Страница 2 из 47
— Ты такой красивый, — сказала она. — Такой одаренный. Чего стоят одни башмаки! А бархатные брюки! А кроличья каскетка! О дорогой мой, у тебя тонкая, чистая душа художника, мне так повезло, что я тебя встретила, сокровище мое, радость моя, а ведь я не открыла тебе свой секрет.
— О чем ты?
— Милый, я скажу тебе одну вещь, которую поклялась никому не говорить: я обладаю даром вездесущности.
Теорем расхохотался, но Сабина сказала:
— Смотри!
И в тот же миг умножилась, а Теорем, обнаружив себя в окружении девяти совершенно одинаковых Сабин, почувствовал, что вот-вот лишится рассудка.
— Ты не сердишься? — застенчиво спросила одна из них.
— Да нет, — ответил Теорем. — Совсем наоборот.
Он через силу улыбнулся, показывая, что благодарен и счастлив, и успокоенная Сабина горячо поцеловала его девятью устами.
В начале октября, примерно через месяц после возвращения в Париж, Лемюрье заметил, что беседы с ангелами прекратились.

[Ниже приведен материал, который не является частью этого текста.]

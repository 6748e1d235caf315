-- ===== src/AgentLoop/Outcome.antt =====
-- What the text of a finished run is, whatever the model asked for: the promises of the tools
-- carried through the calls and the commit.
pub mod Tools
pub mod Builtin
use shirita.Prelude.{
  ℕ, ◌≤◌, ◌≡◌, refl, inl, inr, Option, none, some, Bool, true, false, List, [], ◌∷◌, arith,
  Bool-cases, ltb, All, is_empty, Option-cases, ◌&&◌, not,
}
use shirita.Text.{Text, byte_len, trim, text_eq}
use shirita.Assoc.{lookup}
use shirita.Json.{Serde}
use shirita.Tools.{
  ToolCall, ToolControl, ToolRegistry, ToolHandler, ToolExecution, ResponsePatchOperation,
  no_control, update_status, replace_response, patch_response, finish, execute, contains, bounded,
  json_len, Moment,
}
use shirita.Tools.Builtin.{max_response_workspace_bytes}
use shirita.Model.{ChatRequest}
use shirita.Workspace.{
  ResponseWorkspace, Committed, committed, not_committed, commit_finish, apply_replace, apply_patch,
}
use shirita.Workspace.Edits.{Searches, Fits, apply_patch-Fits, commit_finish-Fits}
use shirita.Agent.{GenerationRun, RunStatus, completed}
use shirita.AgentLoop.{HarnessEvent, finished, panicked, Harness}
use shirita.AgentLoop.Calls.{is_finish, finish_name}
use shirita.AgentLoop.Rounds.{run_harness}
use shirita.AgentLoop.Invariant.{Rules}
use shirita.AgentLoop.Invariant.Rounds.{run_harness-All}

-- What a tool may ask for: a replacement within the limit, a patch that searches for something, and
-- a finish only under the name of the finish tool and with no empty text.
abbrev pub Asks : ToolCall → ToolControl → Type 0
Asks call no_control = Unit
Asks call (update_status _ _) = Unit
Asks call (replace_response text) = byte_len text ≤ max_response_workspace_bytes
Asks call (patch_response _ operations) = Searches operations
Asks call (finish none) = is_finish call ≡ true
Asks call (finish (some s)) = (is_finish call ≡ true) × (is_empty s ≡ false)

-- A handler that is called under `name` keeps to what a tool may ask for.
abbrev pub Keeps : Text → ToolHandler → Type 0
Keeps name handler =
    (moment : Moment) (call : ToolCall) → call.name ≡ name → Asks call (handler moment call).control

abbrev pub Promises : ToolRegistry → Type 0
Promises registry =
    (name : Text) (handler : ToolHandler)
    → lookup name registry.handlers ≡ some handler
    → Keeps name handler

bounded-Asks :
    (serde : Serde) (call : ToolCall) (out : ToolExecution)
    → Asks call out.control
    → Asks call (bounded serde call out).control
bounded-Asks serde call out a =
    elim (Bool-cases (ltb shirita.Tools.max_tool_result_bytes (json_len serde out.result.output))) [
      | inl e ↦ rw e tt
      | inr e ↦ rw e a
    ]

pub execute-Asks :
    (serde : Serde) (registry : ToolRegistry) (moment : Moment) (call : ToolCall)
    (enabled : List Text)
    → Promises registry
    → Asks call (execute serde registry moment call enabled).control
unfolding execute
execute-Asks serde registry moment call enabled p =
    elim (Bool-cases (ltb shirita.Tools.max_tool_argument_bytes (json_len serde call.arguments))) [
      | inl e ↦ rw e tt
      | inr e ↦ rw e (elim (Option-cases (lookup call.name registry.specs)) [
        | inl f ↦ rw f tt
        | inr (spec, f) ↦
            rw f
              (elim (Bool-cases
                (not spec.required && (not spec.selected && not (contains enabled call.name)))) [
                  | inl g ↦ rw g tt
                  | inr g ↦ rw g (elim (Option-cases (lookup call.name registry.handlers)) [
                    | inl k ↦ rw k tt
                    | inr (handler, k) ↦ rw k (
                        bounded-Asks serde call (handler moment call)
                          (p call.name handler k moment call refl))
                  ])
                ])
      ])
    ]

-- A run that finished does so with the text of its workspace, which is not empty and within the
-- limit; and no tool has driven the loop into its `unreachable!`.
abbrev pub SoundEnd : HarnessEvent → Type 0
SoundEnd (finished text run) =
    (run.status ≡ completed)
    × (run.workspace.text ≡ text)
    × (is_empty text ≡ false)
    × (byte_len text ≤ max_response_workspace_bytes)
SoundEnd panicked = ⊥
SoundEnd _ = Unit

abbrev RunFits : GenerationRun → Type 0
RunFits run = Fits run.workspace

is_empty-trim : (s : Text) → is_empty (trim s) ≡ false → is_empty s ≡ false
unfolding trim
is_empty-trim [] h = absurd (ground arith)
is_empty-trim (c ∷ s) h = refl

committed_text :
    (w : ResponseWorkspace) (call : ToolCall) (response : Option Text) (text : Text)
    → Asks call (finish response)
    → (commit_finish w response).1 ≡ committed text
    → ((commit_finish w response).0.text ≡ text) × (is_empty text ≡ false)
unfolding commit_finish
committed_text w call none text a h = elim (Bool-cases (is_empty (trim w.text))) [
  | inl e ↦ absurd (ground arith)
  | inr e ↦ let f = is_empty-trim w.text e in (ground arith, ground arith)
]
committed_text w call (some s) text a h =
    elim (Bool-cases (ltb max_response_workspace_bytes (byte_len s))) [
      | inl e ↦ absurd (ground arith)
      | inr e ↦ (ground arith, ground arith)
    ]

not_panicked :
    (call : ToolCall) (response : Option Text)
    → is_finish call ≡ false
    → Asks call (finish response)
    → ⊥
not_panicked call none f a = ground arith
not_panicked call (some s) f a = let b = a.0 in ground arith

rules : (h : Harness) → Promises h.registry → Rules h RunFits SoundEnd Asks
rules h p = record {
  executes = λ moment call. execute-Asks h.serde h.registry moment call h.settings.enabled_tools p;
  times_out = λ call. tt;
  says_failed = λ f. tt;
  says_started = λ call. tt;
  says_result = λ result. tt;
  says_status = λ message. tt;
  says_usage = λ a b. tt;
  says_stopped = λ run k. tt;
  says_round = λ run k. tt;
  keeps_round = λ run n k. k;
  keeps_count = λ run n k. k;
  says_changed = λ n. tt;
  keeps_replace = λ run call text k a. unfold apply_replace in a;
  keeps_patch = λ run call revision ops k a. apply_patch-Fits run.workspace call revision ops k;
  says_panic = λ call response f a. not_panicked call response f a;
  keeps_commit = λ run call response k a. commit_finish-Fits run.workspace response k;
  says_finished = λ run call response text k a e.
      let t = committed_text run.workspace call response text a e in
      let f = commit_finish-Fits run.workspace response k in (refl, t.0, t.1, ground (arith, t.0));
}

-- If the tools of the registry keep their promises and the run starts with a workspace within the
-- limit, then no event of the run is a panic, and where the run finishes, its record is completed
-- and holds as the text of the workspace the very text that is sent, which is not empty and at most
-- 262144 bytes long.
pub run_harness-SoundEnd :
    (h : Harness) (request : ChatRequest) (native_supported : Bool) (run : GenerationRun)
    → Promises h.registry
    → Fits run.workspace
    → All SoundEnd (run_harness h request native_supported run)
run_harness-SoundEnd h request native_supported run p f =
    run_harness-All (rules h p) request native_supported run f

Жена выглядела озабоченной и печальной.
— Ты что-то загрустила, — сказал он. — Может, оттого, что мало выходишь из дому? Хочешь, пойдем завтра в кино?
В это же самое время Теорем расхаживал по мастерской и кричал:
— Откуда я знаю, где еще ты сейчас изволишь находиться! Может, ты уже в Жавеле, а может, сидишь в кафе на Монпарнасе, в обнимку с каким-нибудь мазуриком? Или в Лионе целуешься с каким-нибудь фабрикантом? Или в Нарбонне лежишь в постели какого-нибудь винодела? Или тебя ласкает в гареме персидский шах?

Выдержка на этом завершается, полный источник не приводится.